ABOUT THIS TASK:
Whenever a line in the data contains "done", show that line.

*** PROVIDED MATERIAL ***

-- ===== src/Morenos/Engine/Stops.antt =====
-- The loop of the simulation up to its stop event, and what holds in each of its rounds.
use radar_software.Prelude.{
  ℕ, zero, suc, ◌+◌, ◌*◌, ◌<◌, ◌≤◌, ◌≡◌, refl, true, false, some, List, [], ◌∷◌, arith, ltb, ◌==◌,
  inl, inr, Bool-cases, All, All-imp, add64, All-filter, Any, filter, u64_mod, ◌⊎◌,
}
use radar_software.Double.{Double}
use radar_software.Morenos.PriorityQueue.{filter-IsSorted}
use radar_software.Morenos.EventQueue.{EventQueue, trigger, get_events, get_events_lem}
use radar_software.Morenos.ControlCommand.{ControlCommand}
use radar_software.Morenos.CommandProcessor.{append}
use radar_software.Morenos.CommandProcessor
use radar_software.Morenos.Scheduler.{Scheduler}
use radar_software.Morenos.Scheduler
use radar_software.Morenos.Scheduler.Total.{run-Gives}
use radar_software.Morenos.Engine.{
  Action, Engine, time_step, exec_events, finished, round, rounds, run_model,
}
use radar_software.Morenos.Engine.Pending.{
  IsPending, IsReady, StopsAt, WillStop, exec_events-IsPlannable, exec_events-stop,
  stop_due_or_kept, IsPending-next,
}

module _ (double : Double) where
  open double use {D}

  -- A round, from what it takes off the event queue and what the scheduler gives.
  round_lem :
      (e : Engine D) (now later : EventQueue (Action D)) (r : List ControlCommand × Scheduler D)
      → get_events e.model_time e.ev_queue ≡ (now, later)
      → Scheduler.run double (exec_events now (e.shed, e.running)).0 e.model_time ≡ some r
      → round double e
        ≡ some (record {
          shed = r.1;
          command_processor =
              CommandProcessor.run double (append e.command_processor r.0) e.model_time;
          ev_queue = later;
          model_time = add64 e.model_time time_step;
          running = (exec_events now (e.shed, e.running)).1;
        })
  unfolding round
  round_lem e now later r taken done = cc

  -- One round of a ready program: the next one is ready, `time_step` later, and stopped if its stop
  -- event was due.
  round-IsReady :
      (e : Engine D)
      → IsReady double e
      → e.model_time + time_step < u64_mod
      → (e' : Engine D) × (round double e ≡ some e')
        × IsReady double e'
        × (e'.model_time ≡ e.model_time + time_step)
        × ((stop_time : ℕ)
            → Any (StopsAt double stop_time) e.ev_queue
            → WillStop double stop_time e')
  round-IsReady e v small =
      let now = filter (λ ev. ev.trigger_time == e.model_time) e.ev_queue in
      let later = filter (λ ev. ltb e.model_time ev.trigger_time) e.ev_queue in
      let taken : get_events e.model_time e.ev_queue ≡ (now, later) =
        get_events_lem e.model_time e.ev_queue v.sorted (
          All-imp (IsPending double e.model_time) (λ ev. e.model_time ≤ ev.trigger_time) e.ev_queue
            (λ ev p. p.not_overdue) v.pending) in
      let (r, done, plannable) =
        run-Gives double (exec_events now (e.shed, e.running)).0 e.model_time (
          exec_events-IsPlannable double e.model_time now e.shed e.running
            (All-filter (IsPending double e.model_time) _ e.ev_queue v.pending) v.plannable) in
      let word : add64 e.model_time time_step ≡ e.model_time + time_step = omega arith in
      (
        _,
        round_lem e now later r taken done,
        record {
          at_round = omega (arith, v.at_round);
          sorted = filter-IsSorted trigger _ e.ev_queue v.sorted;
          pending = rw word (IsPending-next double e.model_time e.ev_queue v.at_round v.pending);
          plannable = plannable;
        },
        word,
        λ stop_time h.
            elim (stop_due_or_kept double stop_time e.model_time e.ev_queue v.pending h) [
              | inl d ↦ inl (exec_events-stop double stop_time now e.shed e.running d)
              | inr k ↦ inr k
            ],
      )

  not_passed :
      (stop_time time : ℕ) (queue : EventQueue (Action D))
      → All (IsPending double time) queue
      → Any (StopsAt double stop_time) queue
      → time ≤ stop_time
  not_passed stop_time time [] p a = absurd a
  not_passed stop_time time (ev ∷ queue) p (inl s) = omega (arith, p.0.not_overdue, s.0)
  not_passed stop_time time (ev ∷ queue) p (inr a) = not_passed stop_time time queue p.1 a

  -- The program has stopped, in the round of the stop event or before.
  abbrev pub HasStopped : ℕ → Engine D → Type 0
  HasStopped stop_time e = (e.running ≡ false) × (e.model_time ≤ stop_time + time_step)

  still_to_stop :
      (stop_time : ℕ) (e : Engine D)
      → WillStop double stop_time e
      → e.model_time ≤ stop_time + time_step
      → ((e.running ≡ true) × Any (StopsAt double stop_time) e.ev_queue) ⊎ HasStopped stop_time e
  still_to_stop stop_time e (inl stopped) h = inr (stopped, h)
  still_to_stop stop_time e (inr soon) h = elim (Bool-cases e.running) [
    | inl run ↦ inl (run, soon)
    | inr stopped ↦ inr (stopped, h)
  ]

  rounds_next :
      (fuel : ℕ) (e e' : Engine D)
      → e.running ≡ true
      → round double e ≡ some e'
      → rounds double (suc fuel) e ≡ rounds double fuel e'
  unfolding rounds
  rounds_next fuel e e' run done = cc

  rounds_over :
      (fuel : ℕ) (e : Engine D) → e.running ≡ false → rounds double (suc fuel) e ≡ finished e
  unfolding rounds
  rounds_over fuel e over = cc

  rounds-stop :
      (stop_time fuel : ℕ) (e : Engine D)
      → IsReady double e
      → stop_time + time_step < u64_mod
      → stop_time + time_step < e.model_time + fuel * time_step
      → ((e.running ≡ true) × Any (StopsAt double stop_time) e.ev_queue) ⊎ HasStopped stop_time e
      → (e' : Engine D) × (rounds double fuel e ≡ finished e') × HasStopped stop_time e'
  unfolding rounds
  rounds-stop stop_time zero e v small enough (inl (run, soon)) =
      absurd (omega (arith, not_passed stop_time e.model_time e.ev_queue v.pending soon))
  rounds-stop stop_time zero e v small enough (inr over) = absurd (omega (arith, over.1))
  rounds-stop stop_time (suc fuel) e v small enough (inr over) =
      (e, rounds_over fuel e over.0, over)
  rounds-stop stop_time (suc fuel) e v small enough (inl (run, soon)) =
      let passed = not_passed stop_time e.model_time e.ev_queue v.pending soon in
      let (e', done, v', next, will) = round-IsReady e v (omega arith) in
      rw (rounds_next fuel e e' run done) (
        rounds-stop stop_time fuel e' v' small (omega arith)
          (still_to_stop stop_time e' (will stop_time soon) (omega arith)))

-- With a stop event at `stop_time` in the queue, and rounds for one step more than the time up to
-- it, which is in 64 bits, the loop of `run` ends, and it ends by the flag, at the latest after
-- the round of that event: no failed assert or exception ends it before. The events are in order,
-- stand at multiples of the step and none is overdue, and all queries, those of the events too,
-- are plannable.
pub run_stops :
    (double : Double) (stop_time fuel : ℕ) (e : Engine double.D)
    → IsReady double e
    → Any (StopsAt double stop_time) e.ev_queue
    → stop_time + time_step < u64_mod
    → stop_time + time_step < e.model_time + fuel * time_step
    → (e' : Engine double.D) × (run_model double fuel e ≡ finished e')
      × HasStopped double stop_time e'
unfolding run_model
run_stops double stop_time fuel e v h small enough =
    rounds-stop double stop_time fuel (record e { running = true })
      (record {
        at_round = v.at_round;
        sorted = v.sorted;
        pending = v.pending;
        plannable = v.plannable;
      })
      small enough (inl (refl, h))
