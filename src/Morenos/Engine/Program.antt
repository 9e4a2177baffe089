-- ===== src/Morenos/Engine/Program.antt =====
-- The simulation that main.cpp runs, from the events of the constructor.
use radar_software.Prelude.{◌+◌, ◌*◌, ◌%◌, ◌≤◌, ◌<◌, ◌≡◌, refl, false, inl, inr, arith, Any}
use radar_software.Double.{Double}
use radar_software.Morenos.Scheduler.Total.{IsPositive}
use radar_software.Morenos.EventQueue.{Event}
use radar_software.Morenos.Engine.{Action, Engine, finished, new_engine, time_step, run_model}
use radar_software.Morenos.Engine.Pending.{AddsPlannable, IsPending, IsReady, StopsAt}
use radar_software.Morenos.Engine.Stops.{run_stops}

-- The computed signal durations of the targets that the events describe are positive.
pub record IsSetUp (double : Double) : Type 0 where
  pub train : IsPositive double (double.decimal 2000000 0) (double.decimal 15 0)
  pub short_pulse : IsPositive double (double.decimal 1000000 0) (double.decimal 50 0)
  pub long_pulse : IsPositive double (double.decimal 2100000 0) (double.decimal 50 0)

IsPending-at_start :
    (double : Double) (ev : Event (Action double.D))
    → ev.trigger_time % time_step ≡ 0
    → AddsPlannable double ev.exec
    → IsPending double 0 ev
IsPending-at_start double ev at_round plannable = record {
  not_overdue = omega arith;
  at_round = at_round;
  plannable = plannable;
}

pub new_engine-IsReady : (double : Double) → IsSetUp double → IsReady double (new_engine double)
unfolding new_engine
new_engine-IsReady double v = record {
  at_round = refl;
  sorted = (
    (omega arith, (omega arith, (omega arith, (omega arith, tt)))),
    (
      (omega arith, (omega arith, (omega arith, tt))),
      ((omega arith, (omega arith, tt)), ((omega arith, tt), (tt, tt))),
    ),
  );
  pending = (
    IsPending-at_start double _ refl
        (inr v.train, (inr v.short_pulse, (inr v.long_pulse, (inl refl, tt)))),
    (
      IsPending-at_start double _ refl (inr v.train, tt),
      (
        IsPending-at_start double _ refl
            (inr v.short_pulse, (inr v.short_pulse, (inr v.long_pulse, tt))),
        (
          IsPending-at_start double _ refl (
            inl refl,
            (inl refl, (inl refl, (inl refl, (inl refl, (inl refl, (inl refl, tt)))))),
          ),
          (IsPending-at_start double _ refl tt, tt),
        ),
      ),
    ),
  );
  plannable = tt;
}

pub new_engine-StopsAt :
    (double : Double) → Any (StopsAt double 15000000000) (new_engine double).ev_queue
unfolding new_engine
new_engine-StopsAt double = inr (inr (inr (inr (inl (refl, refl)))))

start_enough :
    (double : Double) → 15000000000 + time_step < (new_engine double).model_time + 15002 * time_step
unfolding new_engine
start_enough double = omega arith

-- The simulation that the constructor sets up ends, after at most 15001 rounds of the loop, by its
-- flag, at the latest in the round of its stop event at 15 seconds: no assert and no exception of
-- the signal choice ends it before, where the computed signal durations of its targets are
-- positive.
pub run_model_ends :
    (double : Double)
    → IsSetUp double
    → (e' : Engine double.D) × (run_model double 15002 (new_engine double) ≡ finished e')
      × ((e'.running ≡ false) × (e'.model_time ≤ 15001000000))
run_model_ends double v =
    run_stops double 15000000000 15002 (new_engine double) (new_engine-IsReady double v)
      (new_engine-StopsAt double) (omega arith) (start_enough double)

***

REPLY:
  round_lem e now later r taken done = cc
      let (r, done, plannable) =
        round_lem e now later r taken done,
  rounds_next fuel e e' run done = cc
      let (e', done, v', next, will) = round-IsReady e v (omega arith) in
      rw (rounds_next fuel e e' run done) (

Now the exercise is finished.